# [PROBLEM TO WORK ON]
Please set down every entry below exactly as given.

BEGIN

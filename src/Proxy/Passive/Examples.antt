-- ===== src/Proxy/Passive/Examples.antt =====
-- The theorems on passive health at a state that counts two failures and two successes.
use go_mini_gateway.Common.{◌≡◌, refl, pos, true, false, some, [], codes, arith}
use go_mini_gateway.Proxy.Passive.{PassiveHealth, PassiveHealthOptions, new_passive_health_state}
use go_mini_gateway.Proxy.Passive.Laws.{IsValid}

abbrev options : PassiveHealthOptions
options = record {
  enabled = true;
  failure_threshold = pos 2;
  success_threshold = pos 2;
  unhealthy_duration = pos 10;
}

abbrev healthy : PassiveHealth
healthy = record {
  route_id = codes "api";
  upstream_id = codes "a";
  failure_threshold = 2;
  success_threshold = 2;
  unhealthy_duration = 10;
  unhealthy = false;
  consecutive_failures = 0;
  consecutive_successes = 0;
  retry_after = 0;
  last_failure_at = 0;
  last_success_at = 0;
  last_reason = [];
}

abbrev ill : PassiveHealth
ill = record healthy { unhealthy = true; retry_after = 13 }

made_test : new_passive_health_state (codes "api") (codes "a") options ≡ some healthy
unfolding new_passive_health_state
made_test = refl

ill-IsValid : IsValid ill
ill-IsValid = record {
  failures_pos = omega arith;
  successes_pos = omega arith;
  duration_pos = omega arith;
  healthy_counts = λ e. cc;
  unhealthy_counts = λ _. omega arith;
}
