-- ===== src/Proxy/Snapshots.antt =====
-- What a handler shows and what it releases: `UpstreamSnapshots` and `CloseIdleConnections` of
-- internal/proxy/upstream.go. A handler is never nil; the idle connections of its transport are left out.
use mathlib.Core.Option
use go_mini_gateway.Common.{ℕ, Text, Time, Option, some, List, map}
use go_mini_gateway.Url.{Url}
use go_mini_gateway.Health.Checker
use go_mini_gateway.Health.Checker.{Checker}
use go_mini_gateway.Proxy.Passive
use go_mini_gateway.Proxy.Passive.{PassiveHealthSnapshot}
use go_mini_gateway.Proxy.Breaker
use go_mini_gateway.Proxy.Breaker.{CircuitBreakerSnapshot}
use go_mini_gateway.Proxy.Upstream.{Upstream, Handler}

pub record UpstreamSnapshot : Type 0 where
  pub id : Text
  pub url : Text
  pub active_health : Option Checker.Snapshot
  pub passive_health : Option PassiveHealthSnapshot
  pub circuit_breaker : Option CircuitBreakerSnapshot

-- `URL.String`, `time.Time.Format` with the layout RFC3339Nano and `time.Duration.String`.
pub record Formats : Type 0 where
  pub url_string : Url → Text
  pub time_string : Time → Text
  pub duration_string : ℕ → Text

module _ (f : Formats) where
  unfoldable pub snapshot_of : Time → Upstream → UpstreamSnapshot
  unfolding Checker.snapshot Passive.snapshot Breaker.snapshot
  snapshot_of now item = record {
    id = item.id;
    url = f.url_string item.url;
    active_health =
        Option.map (λ c. Checker.snapshot f.url_string f.time_string f.duration_string (some c))
          item.active_health;
    passive_health =
        Option.map (λ s. Passive.snapshot f.time_string f.duration_string s now)
          item.passive_health;
    circuit_breaker =
        Option.map (λ c. Breaker.snapshot f.time_string f.duration_string c now)
          item.circuit_breaker;
  }

  unfoldable pub upstream_snapshots : Handler → Time → List UpstreamSnapshot
  unfolding snapshot_of
  upstream_snapshots h now = map (snapshot_of now) h.upstreams

-- `item.activeHealth.Close()`
abbrev pub close_checker : Upstream → Upstream
close_checker u = record u { active_health = Option.map Checker.close u.active_health }

unfoldable pub close_idle_connections : Handler → Handler
unfolding Checker.close
close_idle_connections h = record h { upstreams = map close_checker h.upstreams }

END

# [OUTPUT FOR THIS EXERCISE]
filename src/Proxy/Passive/Examples.antt
-- ===== src/Proxy/Passive/Examples.antt =====
-- The theorems on passive health at a state that counts two failures and two successes.
use go_mini_gateway.Common.{◌≡◌, refl, pos, true, false, some, [], codes, arith}
use go_mini_gateway.Proxy.Passive.{PassiveHealth, PassiveHealthOptions, new_passive_health_state}
use go_mini_gateway.Proxy.Passive.Laws.{IsValid}

abbrev options : PassiveHealthOptions
options = record {
  enabled = true;
  failure_threshold = pos 2;
  success_threshold = pos 2;
  unhealthy_duration = pos 10;
}

abbrev healthy : PassiveHealth
healthy = record {
  route_id = codes "api";
  upstream_id = codes "a";
  failure_threshold = 2;
  success_threshold = 2;
  unhealthy_duration = 10;
  unhealthy = false;
  consecutive_failures = 0;
  consecutive_successes = 0;
  retry_after = 0;
  last_failure_at = 0;
  last_success_at = 0;
  last_reason = [];
}

abbrev ill : PassiveHealth
ill = record healthy { unhealthy = true; retry_after = 13 }

made_test : new_passive_health_state (codes "api") (codes "a") options ≡ some healthy
unfolding new_passive_health_state
made_test = refl

ill-IsValid : IsValid ill
ill-IsValid = record {
  failures_pos = omega arith;
  successes_pos = omega arith;
  duration_pos = omega arith;
  healthy_counts = λ e. cc;
  unhealthy_counts = λ _. omega arith;
}
-- ===== src/Proxy/Snapshots.antt =====
-- What a handler shows and what it releases: `UpstreamSnapshots` and `CloseIdleConnections` of
-- internal/proxy/upstream.go. A handler is never nil; the idle connections of its transport are left out.
use mathlib.Core.Option
use go_mini_gateway.Common.{ℕ, Text, Time, Option, some, List, map}
use go_mini_gateway.Url.{Url}
use go_mini_gateway.Health.Checker
use go_mini_gateway.Health.Checker.{Checker}
use go_mini_gateway.Proxy.Passive
use go_mini_gateway.Proxy.Passive.{PassiveHealthSnapshot}
use go_mini_gateway.Proxy.Breaker
use go_mini_gateway.Proxy.Breaker.{CircuitBreakerSnapshot}
use go_mini_gateway.Proxy.Upstream.{Upstream, Handler}

pub record UpstreamSnapshot : Type 0 where
  pub id : Text
  pub url : Text
  pub active_health : Option Checker.Snapshot
  pub passive_health : Option PassiveHealthSnapshot
  pub circuit_breaker : Option CircuitBreakerSnapshot

-- `URL.String`, `time.Time.Format` with the layout RFC3339Nano and `time.Duration.String`.
pub record Formats : Type 0 where
  pub url_string : Url → Text
  pub time_string : Time → Text
  pub duration_string : ℕ → Text

module _ (f : Formats) where
  unfoldable pub snapshot_of : Time → Upstream → UpstreamSnapshot
  unfolding Checker.snapshot Passive.snapshot Breaker.snapshot
  snapshot_of now item = record {
    id = item.id;
    url = f.url_string item.url;
    active_health =
        Option.map (λ c. Checker.snapshot f.url_string f.time_string f.duration_string (some c))
          item.active_health;
    passive_health =
        Option.map (λ s. Passive.snapshot f.time_string f.duration_string s now)
          item.passive_health;
    circuit_breaker =
        Option.map (λ c. Breaker.snapshot f.time_string f.duration_string c now)
          item.circuit_breaker;
  }

  unfoldable pub upstream_snapshots : Handler → Time → List UpstreamSnapshot
  unfolding snapshot_of
  upstream_snapshots h now = map (snapshot_of now) h.upstreams

-- `item.activeHealth.Close()`
abbrev pub close_checker : Upstream → Upstream
close_checker u = record u { active_health = Option.map Checker.close u.active_health }

unfoldable pub close_idle_connections : Handler → Handler
unfolding Checker.close
close_idle_connections h = record h { upstreams = map close_checker h.upstreams }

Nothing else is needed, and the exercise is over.